C++20 Is Feature Complete; Here’s What Changes Are Coming - jandeboevrie
https://hackaday.com/2019/07/30/c20-is-feature-complete-heres-what-changes-are-coming/
======
ncmncm
This article might seem confusing.

That's because it is. There is hardly a paragraph in it that is wholly
correct, where they actually mean anything.

C++ itself is much easier to understand than the article.

The real purpose for all the constexpr-related apparatus, as well as much of
Concepts, is to make it much rarer that anybody needs to do "template
metaprogramming". Instead of writing Template Metaprograms to run at compile
time (a very strange functional pattern-matching language practically nothing
like C++) you can usually write ordinary C++ code.

Coroutines are a new flow control primitive showing up in lots of languages
lately. The C++ version is the same as the others.

The main benefit you will see from Concepts is overwhelmingly better error
messages when you misuse a library component, whether Standard or your own.

Modules is a big step toward enabling a modern build infrastructure, as
already seen in lots of newer languages that got benefit of hindsight.

All the old stuff is still there, because billions of lines of old code still
use it.

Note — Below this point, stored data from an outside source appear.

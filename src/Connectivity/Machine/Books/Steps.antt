-- ===== src/Connectivity/Machine/Books/Steps.antt =====
-- Every step of the machine and the books: three kinds of steps write in them.
use agent_tunnel.Base.{ℕ, ◌≡◌, ap, ◌⊎◌, inl, inr}
use agent_tunnel.Base.Text.{Text}
use agent_tunnel.Connectivity.{Registry}
use agent_tunnel.Connectivity.Requests.{TunnelRequest, Env}
use agent_tunnel.Connectivity.Machine.{
  Op, step, app_registers, app_leaves, daemon_registers, daemon_leaves, device_revoked,
  device_paired, pairing_reserved, answer_begun, answer_finished, tunnel_begun, tunnel_finished,
  token_redeemed, tunnel_active, tunnel_closed, closer_added, closer_forgotten, tunnels_swept,
  tunnel_expired, rendezvous_begun, rendezvous_finished, hint_forwarded, rendezvous_closed_by_app,
  rendezvous_closed_by_daemon, rendezvous_expired, direct_opened, direct_closed,
  session_disconnected, user_disconnected, agent_disconnected,
}
use agent_tunnel.Connectivity.Machine.Books.{books}
use agent_tunnel.Connectivity.Machine.Books.Apps.{
  register_app-accounts, disconnect_app-accounts, reserve_pairing-accounts, begin_forward-accounts,
  finish_forward-accounts, begin_rendezvous-accounts, finish_rendezvous-accounts, hint-accounts,
  close_rendezvous_from_app-accounts, close_rendezvous_from_daemon-accounts, open_direct-accounts,
  close_direct-accounts, expire_rendezvous-accounts, forget_closer-accounts, sweep-accounts,
  expire-accounts, close-accounts, mark_active-accounts, add_closer-accounts, finish-accounts,
}
use agent_tunnel.Connectivity.Machine.Books.Daemons.{
  redeem-accounts, complete_pairing-books, register_daemon-books, disconnect_daemon-books,
  revoke_trusted-books, disconnect_agent_token-books,
}

-- The steps that write in the books.
pub data Writes : Op → Type 0 where
  by_request : (q : TunnelRequest) (env : Env) → Writes (tunnel_begun q env)
  by_session : (session_id : Text) → Writes (session_disconnected session_id)
  by_user : (id now : ℕ) → Writes (user_disconnected id now)

pub step-books : (r : Registry) (op : Op) → (books (step r op) ≡ books r) ⊎ Writes op
unfolding step
step-books r (app_registers owner peer valid now) =
    inl (ap (λ b. b.0) (register_app-accounts r owner peer valid now))
step-books r (app_leaves peer) = inl (ap (λ b. b.0) (disconnect_app-accounts r peer))
step-books r (daemon_registers owner info trusted reports peer valid now) =
    inl (register_daemon-books r owner info trusted reports peer valid now)
step-books r (daemon_leaves device_id peer) = inl (disconnect_daemon-books r device_id peer)
step-books r (device_revoked device_id peer fingerprint) =
    inl (revoke_trusted-books r device_id peer fingerprint)
step-books r (device_paired device_id peer trusted) =
    inl (complete_pairing-books r device_id peer trusted)
step-books r (pairing_reserved device_id owner peer id ttl swept_at now) =
    inl (ap (λ b. b.0) (reserve_pairing-accounts r device_id owner peer id ttl swept_at now))
step-books r (answer_begun answer now) = inl (ap (λ b. b.0) (begin_forward-accounts r answer now))
step-books r (answer_finished answer peer delivered) =
    inl (ap (λ b. b.0) (finish_forward-accounts r answer peer delivered))
step-books r (tunnel_begun q env) = inr (by_request q env)
step-books r (tunnel_finished pending delivered) =
    inl (ap (λ b. b.0) (finish-accounts r pending delivered))
step-books r (token_redeemed token swept_at now) =
    inl (ap (λ b. b.0) (redeem-accounts r token swept_at now))
step-books r (tunnel_active key) = inl (ap (λ b. b.0) (mark_active-accounts r key))
step-books r (tunnel_closed key) = inl (ap (λ b. b.0) (close-accounts r key))
step-books r (closer_added key closer) = inl (ap (λ b. b.0) (add_closer-accounts r key closer))
step-books r (closer_forgotten key id) = inl (ap (λ b. b.0) (forget_closer-accounts r key id))
step-books r (tunnels_swept now) = inl (ap (λ b. b.0) (sweep-accounts r now))
step-books r (tunnel_expired key now) = inl (ap (λ b. b.0) (expire-accounts r key now))
step-books r (rendezvous_begun valid opening swept_at now) =
    inl (ap (λ b. b.0) (begin_rendezvous-accounts r valid opening swept_at now))
step-books r (rendezvous_finished pending delivered) =
    inl (ap (λ b. b.0) (finish_rendezvous-accounts r pending delivered))
step-books r (hint_forwarded valid claim request_id address addresses swept_at now) =
    inl (ap (λ b. b.0) (hint-accounts r valid claim request_id address addresses swept_at now))
step-books r (rendezvous_closed_by_app owner peer daemon_id attempt_id) =
    inl (ap (λ b. b.0) (close_rendezvous_from_app-accounts r owner peer daemon_id attempt_id))
step-books r (rendezvous_closed_by_daemon claim) =
    inl (ap (λ b. b.0) (close_rendezvous_from_daemon-accounts r claim))
step-books r (rendezvous_expired key now) =
    inl (ap (λ b. b.0) (expire_rendezvous-accounts r key now))
step-books r (direct_opened claim swept_at) =
    inl (ap (λ b. b.0) (open_direct-accounts r claim swept_at))
step-books r (direct_closed claim) = inl (ap (λ b. b.0) (close_direct-accounts r claim))
step-books r (session_disconnected session_id) = inr (by_session session_id)
step-books r (user_disconnected id now) = inr (by_user id now)
step-books r (agent_disconnected token_id) = inl (disconnect_agent_token-books r token_id)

You don't have to use it in new code, but it all still works.

The biggest difference between old and new C++ code is that good new code uses
value types more, and reference types less, making everything safer.

Coding modern C++ is overwhelmingly more fun than coding C++98 was, but it is
just as fast as ever, and better than ever for writing fast, powerful, nice-
to-use, no-compromise libraries.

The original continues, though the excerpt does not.